SERVICES


Tuesday September 17, 2008

Shame On Ireland For Dr Neary, And On New York For Philip Rooney

By Charley Brady

As I've said before, it doesn't matter in this country what kind of bribe-taking murderous animal you are. If you have the loot and you wear a nice suit with pocket hankie and talk down to the people that you know will let you get away with it, then you will never ever do time.

The very best of drama can often show us things that simply reading about them in the newspapers never can.

Of course the blind side has always been helped by the amount of ass-kissing journalists that there are in this media- driven world. I'm not talking about the likes of real journalists like John Pilger, Gene Kerrigan, Robert Fisk or Richard Waghorne, to name just a few.

I'm talking about the cloth- eared media whores who find it acceptable to print any old rubbish, just as long as gets them a mention in the laughable 'social columns' and a free backstage pass to Bono's next gig as long you say something nice about him.

We saw here last week high- quality television drama that has made more of an impact than the actual reporting of the events ever could.

The two- part television drama called "Whistleblower", acted and filmed superbly is about a genuine modern-day monster, Dr. Michael Neary, a widely respected obstetrician who needlessly removed the wombs and sometimes the ovaries of 129 women that we know of.

The sheer hell that he put these poor souls through, some of them as young as 19 or 20, is almost unbearable to think about.

One nineteen-year-old who had both ovaries and womb removed for no reason found herself going through the menopause at an age when she should have been out having fun. But fun wasn't something that entered into Neary's lexicon.

This took place in Our Lady of Lourdes Hospital in Drogheda in the '90s and he was permitted to get away with it because of the silence of his good Catholic church-going staff. Also because his cronies decided to look the other way.

One of our own after all, dear boy. It took an outsider, an Englishwoman - who, of course, can't get work in this country any more since she was a whistleblower and now has to work abroad - to bring his straw house down.
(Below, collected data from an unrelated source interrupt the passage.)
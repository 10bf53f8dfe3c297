-- ===== src/Storage/Manifests/Backed.antt =====
-- What lies behind the references of a manifest that is stored: blobs that the repository's links
-- lead to, said without the lookups of the validators.
use container_registry.Prelude.{
  true, false, ok, List, ◌∷◌, [], ◌≡◌, ◌≢◌, ◌⊎◌, inl, inr, refl, sym, ap, ◌∙◌, All, In, arith,
  length, Bool-cases,
}
use container_registry.Prelude.Bytes.{bytes_eq}
use container_registry.Prelude.Sets.{contains, In-of_contains}
use container_registry.Offline.Tags.{Digest}
use container_registry.Vacuum.{DigestText}
use container_registry.Storage.Paths.{DigestParts}
use container_registry.Storage.Paths.Plain.{IsName}
use container_registry.Storage.Driver.{Driver}
use container_registry.Storage.Stores.{
  Descriptor, LinkPath, stat_linked, blob_link_path, manifest_revision_link_path,
}
use container_registry.Storage.Validation.{
  Reference, foreign_layer, schema2_manifest, schema1_manifest, is_manifest2,
}
use container_registry.Storage.Validation.Urls.{IsWebUrl}
use container_registry.Storage.Validation.Exact.{IsProvided}
use container_registry.Storage.Formats.{AnyManifest, signed, schema2, oci, list_of, other}
use container_registry.Storage.Manifests.{
  ManifestStore, SignedHandler, manifest_exists, manifest_link_paths, put_manifest, lookups,
}
use container_registry.Storage.Manifests.Stored.{
  is_verifiable, payload, references_of, version_of, IsProvidedFor, described-ok,
  put_manifest-IsVerified,
}

module _ (t : DigestText) (p : DigestParts t) (v : Driver) (m : ManifestStore) where
  -- One of the links leads to a blob that the store of all blobs describes.
  abbrev pub IsLinkedBy : List LinkPath → v.Disk → Digest → Type 0
  IsLinkedBy fs s d = (desc : Descriptor) × (stat_linked t p v fs m.name d s ≡ ok desc)

  abbrev pub IsLayer : v.Disk → Digest → Type 0
  IsLayer = IsLinkedBy (blob_link_path t p v ∷ [])

  -- A manifest may also be linked as a layer.
  abbrev pub IsManifest : v.Disk → Digest → Type 0
  IsManifest = IsLinkedBy (manifest_revision_link_path t p v ∷ blob_link_path t p v ∷ [])

  -- A reference of a schema 2 manifest: a foreign layer has URLs of the web, any other reference
  -- without URLs is a layer of the repository, and a manifest with URLs is one of the repository.
  -- Of a reference of another media type that has URLs nothing is asked.
  pub record IsBacked2 (s : v.Disk) (r : Reference) : Type 0 where
    pub foreign : r.media_type ≡ foreign_layer → (r.urls ≢ []) × All (IsWebUrl m.urls) r.urls
    pub layer : r.media_type ≢ foreign_layer → r.urls ≡ [] → IsLayer s r.digest
    pub manifest :
        (r.media_type ≡ schema2_manifest) ⊎ (r.media_type ≡ schema1_manifest)
        → r.urls ≢ []
        → IsManifest s r.digest

  -- A reference of an OCI manifest: one without URLs is a layer of the repository, the URLs of a
  -- layer's media type are of the web, and a manifest with URLs is one of the repository. Of a
  -- reference of another media type that has URLs nothing is asked.
  pub record IsBackedOci (s : v.Disk) (r : Reference) : Type 0 where
    pub layer : r.urls ≡ [] → IsLayer s r.digest
    pub urls : In r.media_type m.oci_types.layers → All (IsWebUrl m.urls) r.urls
    pub manifest :
        r.media_type ≡ m.oci_types.image_manifest
        → ¬ In r.media_type m.oci_types.layers
        → r.urls ≢ []
        → IsManifest s r.digest

  abbrev pub IsBacked : AnyManifest → v.Disk → Reference → Type 0
  IsBacked (signed c) s r = Unit
  IsBacked (schema2 x) s r = IsBacked2 s r
  IsBacked (oci x) s r = IsBackedOci s r
  IsBacked (list_of x) s r = IsManifest s r.digest
  IsBacked other s r = Unit

  exists-IsManifest :
      (d : Digest) (s : v.Disk) → manifest_exists t p v m d s ≡ ok true → IsManifest s d
  unfolding manifest_exists
  exists-IsManifest d s h =
      described-ok t p v m (stat_linked t p v (manifest_link_paths t p v m) m.name d s) h

  IsProvided-IsBacked2 :
      (s : v.Disk) (r : Reference) → IsProvided m.urls (lookups t p v m s) r → IsBacked2 s r
  IsProvided-IsBacked2 s r h = record {
    foreign = h.foreign;
    layer = h.blob;
    manifest =
        λ typed n. exists-IsManifest r.digest s (h.manifest (not_foreign typed) (is_typed typed) n);
  }
    where
      not_foreign :
          (r.media_type ≡ schema2_manifest) ⊎ (r.media_type ≡ schema1_manifest)
          → r.media_type ≢ foreign_layer
      not_foreign (inl e) f = omega (arith, ap length (sym e ∙ f))
      not_foreign (inr e) f = omega (arith, ap length (sym e ∙ f))

      is_typed :
          (r.media_type ≡ schema2_manifest) ⊎ (r.media_type ≡ schema1_manifest)
          → is_manifest2 r.media_type ≡ true
      is_typed (inl e) = rw e refl
      is_typed (inr e) = rw e refl

  provided-IsBacked :
      (x : AnyManifest) (s : v.Disk) (r : Reference) → IsProvidedFor t p v m x s r → IsBacked x s r
  provided-IsBacked (signed c) s r h = tt
  provided-IsBacked (schema2 x) s r h = IsProvided-IsBacked2 s r h
  provided-IsBacked (oci x) s r h = record {
    layer = h.blob;
    urls = h.layer;
    manifest =
        λ typed n some_urls. exists-IsManifest r.digest s (h.manifest (not_in n) typed some_urls);
  }
    where
      not_in :
          ¬ In r.media_type m.oci_types.layers → contains m.oci_types.layers r.media_type ≡ false
      not_in n = elim (Bool-cases (contains m.oci_types.layers r.media_type)) [
        | inl c ↦ absurd (n (In-of_contains r.media_type m.oci_types.layers c))
        | inr c ↦ c
      ]
  provided-IsBacked (list_of x) s r h = exists-IsManifest r.digest s h
  provided-IsBacked other s r h = tt

  all-IsBacked :
      (x : AnyManifest) (s : v.Disk) (rs : List Reference)
      → All (IsProvidedFor t p v m x s) rs
      → All (IsBacked x s) rs
  all-IsBacked x s [] h = tt
  all-IsBacked x s (r ∷ rs) h = (provided-IsBacked x s r h.0, all-IsBacked x s rs h.1)

  -- A schema 2 or OCI manifest or a manifest list that is put without an error, into a repository with
  -- a proper name, was of version 2 and, unless references are not looked at, each reference was
  -- backed: one without URLs by a layer that the repository's links lead to, but for foreign layers,
  -- which have URLs of the web, as do OCI layers with URLs; one of a manifest with URLs, and each of a
  -- list, by a manifest or layer that the links lead to; of others with URLs nothing is said. Its
  -- revision is the digest of its content, and the links lead to it from then on.
  pub put_manifest-IsBacked :
      (h : SignedHandler v.Disk) (x : AnyManifest) (s : v.Disk) (d : Digest)
      → IsName m.name
      → is_verifiable x ≡ true
      → (put_manifest t p v m h x s).0 ≡ ok d
      → (version_of x ≡ 2)
        × ((m.skip_dependency_verification ≡ true) ⊎ All (IsBacked x s) (references_of x))
        × (d ≡ p.from_bytes (payload x))
        × IsManifest (put_manifest t p v m h x s).1 d
  put_manifest-IsBacked h x s d hn e put =
      let ((version, checked), named, known) = put_manifest-IsVerified t p v m h x s d hn e put in
      (
        version,
        elim checked [
          | inl skips ↦ inl skips
          | inr all ↦ inr (all-IsBacked x s (references_of x) all)
        ],
        named,
        exists-IsManifest d (put_manifest t p v m h x s).1 known,
      )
There's just something in the Irish psyche, isn't there? This goes for the Scots as well.

I know so many that are true rebels, who question everything they are told. Yet I also know a disproportionate amount that will just bend over as soon as they hear an English accent or see a suit with a little pocket hankie poking out.

I worked for many years with a Belfast man who never stopped boring the bejesus out of us with his claptrap about what he did during the troubles of '69-'74.

Yet the same fella's legs would turn into a sort of putrid, rancid jelly as soon as he was asked to do something by anyone with an English accent.

On one particular occasion I even saw the French manager of the time literally reduce him to tears. And let's be honest: when a French guy reduces you to tears it's time to seriously think about falling off the twig.

I had no respect for him and I certainly have no respect and will never listen to the excuses made by the good Catholic nurses who let Neary get away with his vile acts.

Nor is there a happy ending here: Neary was struck off the register ten years ago, but remains in his very nice mansion on full pension to this day.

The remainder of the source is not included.